中村文則『土の中の子供』。

素晴らしい。
僕は自分で(自分なりに、自分なりの、という言い訳で)小説を書いているわけだけれども、「この人が居れば自分が書く必要なんて無いよな」と思う人が数人居て、中村さんは間違いなくその中の一人なのでした。

あの時、私は犬に向かって叫んだのではなかった。犬の向こう側にあるもの、私を痛めつけた彼らの、さらに向こう側にあるもの、この世界の、目に見えない暗闇の奥に確かに存在する、暴力的に人間や生物を支配しようとする運命というものに対して、そして、力のないものに対し、圧倒的な力を行使しようとする、全ての存在に対して、私は叫んでいた。私は、生きるのだ。お前らの思い通りに、なってたまるか。言うことを聞くつもりはない。私は自由に、自分に降りかかる全ての障害を、自分の手で叩き潰してやるのだ。

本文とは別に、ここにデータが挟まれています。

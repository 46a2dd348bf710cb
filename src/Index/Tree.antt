-- ===== src/Index/Tree.antt =====
-- BplusTreeHandler of storage/index/bplus_tree.cpp: the tree over the frames of its file, the search
-- for a leaf and the nodes' operations that reach their children. The buffer pool is an interface
-- here: which pages can be fetched, and what allocate_page answers. A page is named by its number.
pub mod Nodes
pub mod Search
pub mod Write
pub mod Keep
pub mod Grow
pub mod Shrink
use oceanbase_jp.Prelude.{
  ℕ, zero, suc, ◌+◌, ◌-◌, ◌/◌, Bool, true, false, Option, none, some, List, ◌==◌, if◌then◌else◌,
}
use oceanbase_jp.Rc.{Rc, success, empty}
use oceanbase_jp.Lang.LowerBound.{Sign}
use oceanbase_jp.Index.Array.{move_items}
use oceanbase_jp.Index.Node.{IndexFileHeader, Item, Node, clear_page}
use oceanbase_jp.Index.Internal

pub record Frame {ℓ} (K : Type ℓ) : Type ℓ where
  pub node : Node K
  pub dirty : Bool
  pub pin_count : ℕ

-- The handler, `root_page` in the header page, the frames of the pages, and the pages that were
-- given to dispose_page, the last one first.
pub record Tree {ℓ} (K : Type ℓ) : Type ℓ where
  pub file_header : IndexFileHeader
  pub stored_root : Option ℕ
  pub frames : ℕ → Frame K
  pub disposed : List ℕ

-- What the handler uses: the comparison of keys, the key of zeros, the code of get_this_page for
-- each page, and what allocate_page answers to a tree.
pub record Env {ℓ} (K : Type ℓ) : Type ℓ where
  pub comparator : K → K → Sign
  pub zero_key : K
  pub fetch : ℕ → Rc
  pub allocate : Tree K → Rc × ℕ

-- What follows a fetch, and what follows its failure.
unfoldable pub on_fetch {ℓ} : {A : Type ℓ} → Rc → A → (Rc → A) → A
on_fetch success next failed = next
on_fetch rc next failed = failed rc

-- FIRST_INDEX_PAGE
abbrev pub first_index_page : ℕ
first_index_page = 1

module _ {ℓ} {K : Type ℓ} where
  abbrev pub node_at : Tree K → ℕ → Node K
  node_at t n = (t.frames n).node

  unfoldable pub set_frame : Tree K → ℕ → Frame K → Tree K
  set_frame t n f = record t { frames = λ i. if i == n then f else t.frames i }

  unfoldable pub put_node : Tree K → ℕ → Node K → Tree K
  unfolding set_frame
  put_node t n node = set_frame t n (record (t.frames n) { node = node })

  unfoldable pub mark_dirty : Tree K → ℕ → Tree K
  unfolding set_frame
  mark_dirty t n = set_frame t n (record (t.frames n) { dirty = true })

  -- get_this_page on a page that can be fetched.
  unfoldable pub pin : Tree K → ℕ → Tree K
  unfolding set_frame
  pin t n = set_frame t n (record (t.frames n) { pin_count = (t.frames n).pin_count + 1 })

  -- unpin_page
  unfoldable pub unpin : Tree K → ℕ → Tree K
  unfolding set_frame
  unpin t n = set_frame t n (record (t.frames n) { pin_count = (t.frames n).pin_count - 1 })

  abbrev pub set_root : Tree K → Option ℕ → Tree K
  set_root t root = record t { file_header = record t.file_header { root_page = root } }

  -- An early return where a call fails.
  unfoldable pub and_then : Rc × Tree K → (Tree K → Rc × Tree K) → Rc × Tree K
  and_then (success, t) rest = rest t
  and_then (rc, t) rest = (rc, t)

  -- increase_size, by a number that is not negative or is not positive.
  abbrev pub increased : Tree K → ℕ → ℕ → Tree K
  increased t this num =
      put_node t this (record (node_at t this) { key_num = (node_at t this).key_num + num })

  abbrev pub decreased : Tree K → ℕ → ℕ → Tree K
  decreased t this num =
      put_node t this (record (node_at t this) { key_num = (node_at t this).key_num - num })

  -- What follows the fetch of a frame: the rest of the search, or the failure.
  unfoldable pub followed :
      Option (Rc × Option ℕ × Tree K) → Rc → Tree K → Option (Rc × Option ℕ × Tree K)
  followed rest success t = rest
  followed rest rc t = some (rc, none, t)

module _ {ℓ} {K : Type ℓ} (env : Env K) where
  -- The frame of a page that allocate_page gives.
  unfoldable pub allocated : Tree K → ℕ → Tree K
  unfolding set_frame clear_page
  allocated t n =
      set_frame t n (record { node = clear_page env.zero_key; dirty = false; pin_count = 1 })

  -- The loop of find_leaf_internal, on fuel: the page is that of the frame, or none where the frame
  -- could not be fetched.
  unfoldable pub find_loop : (Node K → ℕ) → ℕ → Tree K → ℕ → Option (Rc × Option ℕ × Tree K)
  unfolding pin unpin followed
  find_loop child_page_getter zero t n = none
  find_loop child_page_getter (suc fuel) t n =
      let page_num = child_page_getter (node_at t n) in
      let t' = unpin t n in
      let rest = find_loop child_page_getter fuel (pin t' page_num) page_num in
      if (node_at t n).is_leaf
      then some (success, some n, t)
      else followed rest (env.fetch page_num) t'

  unfoldable pub find_from : (Node K → ℕ) → ℕ → Tree K → Option ℕ → Option (Rc × Option ℕ × Tree K)
  unfolding find_loop pin followed
  find_from child_page_getter fuel t none = some (empty, none, t)
  find_from child_page_getter fuel t (some root) =
      followed (find_loop child_page_getter fuel (pin t root) root) (env.fetch root) t

  unfoldable pub find_leaf_internal : (Node K → ℕ) → ℕ → Tree K → Option (Rc × Option ℕ × Tree K)
  unfolding find_from
  find_leaf_internal child_page_getter fuel t =
      find_from child_page_getter fuel t t.file_header.root_page

  abbrev pub child_for : K → Node K → ℕ
  child_for key node = (node.children (Internal.lookup env.comparator node key).child).value

  unfoldable pub find_leaf : K → ℕ → Tree K → Option (Rc × Option ℕ × Tree K)
  unfolding find_leaf_internal Internal.lookup
  find_leaf key = find_leaf_internal (child_for key)

  unfoldable pub left_most_page : ℕ → Tree K → Option (Rc × Option ℕ × Tree K)
  unfolding find_leaf_internal
  left_most_page = find_leaf_internal λ node. (node.children 0).value

  unfoldable pub right_most_page : ℕ → Tree K → Option (Rc × Option ℕ × Tree K)
  unfolding find_leaf_internal
  right_most_page = find_leaf_internal λ node. (node.children (node.key_num - 1)).value

  -- The failure of the fetch is returned, and not looked at by the callers.
  unfoldable pub update_root_page_num : Tree K → Rc × Tree K
  unfolding mark_dirty pin unpin
  update_root_page_num t = elim (env.fetch first_index_page) [
    | success ↦ (
      success,
      unpin
          (mark_dirty (record (pin t first_index_page) { stored_root = t.file_header.root_page })
            first_index_page)
          first_index_page,
    )
    | rc ↦ (rc, t)
  ]

  -- The loop of copy_from: the parents of the children that came, from the index on and by their
  -- number.
  unfoldable pub adopt : (ℕ → Item K ℕ) → ℕ → ℕ → ℕ → Tree K → Rc × Tree K
  unfolding mark_dirty pin unpin put_node
  adopt items this i zero t = (success, t)
  adopt items this i (suc num) t =
      let page_num = (items i).value in
      let fetched = pin t page_num in
      let child = record (node_at fetched page_num) { parent = some this } in
      let t' = unpin (mark_dirty (put_node fetched page_num child) page_num) page_num in
      let rest = adopt items this (i + 1) num t' in
      elim (env.fetch page_num) [ success ↦ rest | rc ↦ (rc, t) ]

  -- InternalIndexNodeHandler::copy_from: the items from an index on go behind those of this page.
  unfoldable pub copy_from : Tree K → ℕ → (ℕ → Item K ℕ) → ℕ → ℕ → Rc × Tree K
  unfolding adopt move_items put_node and_then
  copy_from t this items i num =
      let node = node_at t this in
      let copied = record node { children = move_items node.children node.key_num items i num } in
      and_then (adopt items this i num (put_node t this copied))
        (λ t'. (success, increased t' this num))

  -- InternalIndexNodeHandler::move_half_to, to the page `other`.
  unfoldable pub move_half_to : Tree K → ℕ → ℕ → Rc × Tree K
  unfolding copy_from put_node and_then
  move_half_to t this other =
      let size = (node_at t this).key_num in
      let move_index = size / 2 in
      and_then (copy_from t other (node_at t this).children move_index (size - move_index))
        (λ t'. (success, decreased t' this (size - move_index)))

芥川賞を見事受賞したこの作品ですが、なるほど確かに短さの中に溶けることの無い緊張が同居し、心の中に巣食う何かをかたちにして描き出すことに挑戦し、わずかながらその片鱗を掴み取っている、そういう作品だと思います。芥川賞受賞時には「地味だ」とヌカしていた僕なのですが、いやあ、その評価は完全に間違いでした。やはり作品は読んでみないとなんともいえないものですね。
「僕が書かなくてもいい」という作家の存在はやっぱり僕にとってはすごく羨ましく疎ましいもので、でもそういう人々が居るからこそ書いていこうとも思えるのでした。頑張らなくちゃ。

お前のことだよ。目障りだ。頼むから、早く死ねよ。

死ね、という言葉はやっぱり重いものなんだな、と想いました。
ぜひ読んで欲しい作品です。芥川賞だし、割と読んだ人は多いと想いますが。
同時収録の『蜘蛛の声』も短く刺激的です。昨日読んだ『さよなら アメリカ』と通じ合う部分がもしかしたらあるかもしれない。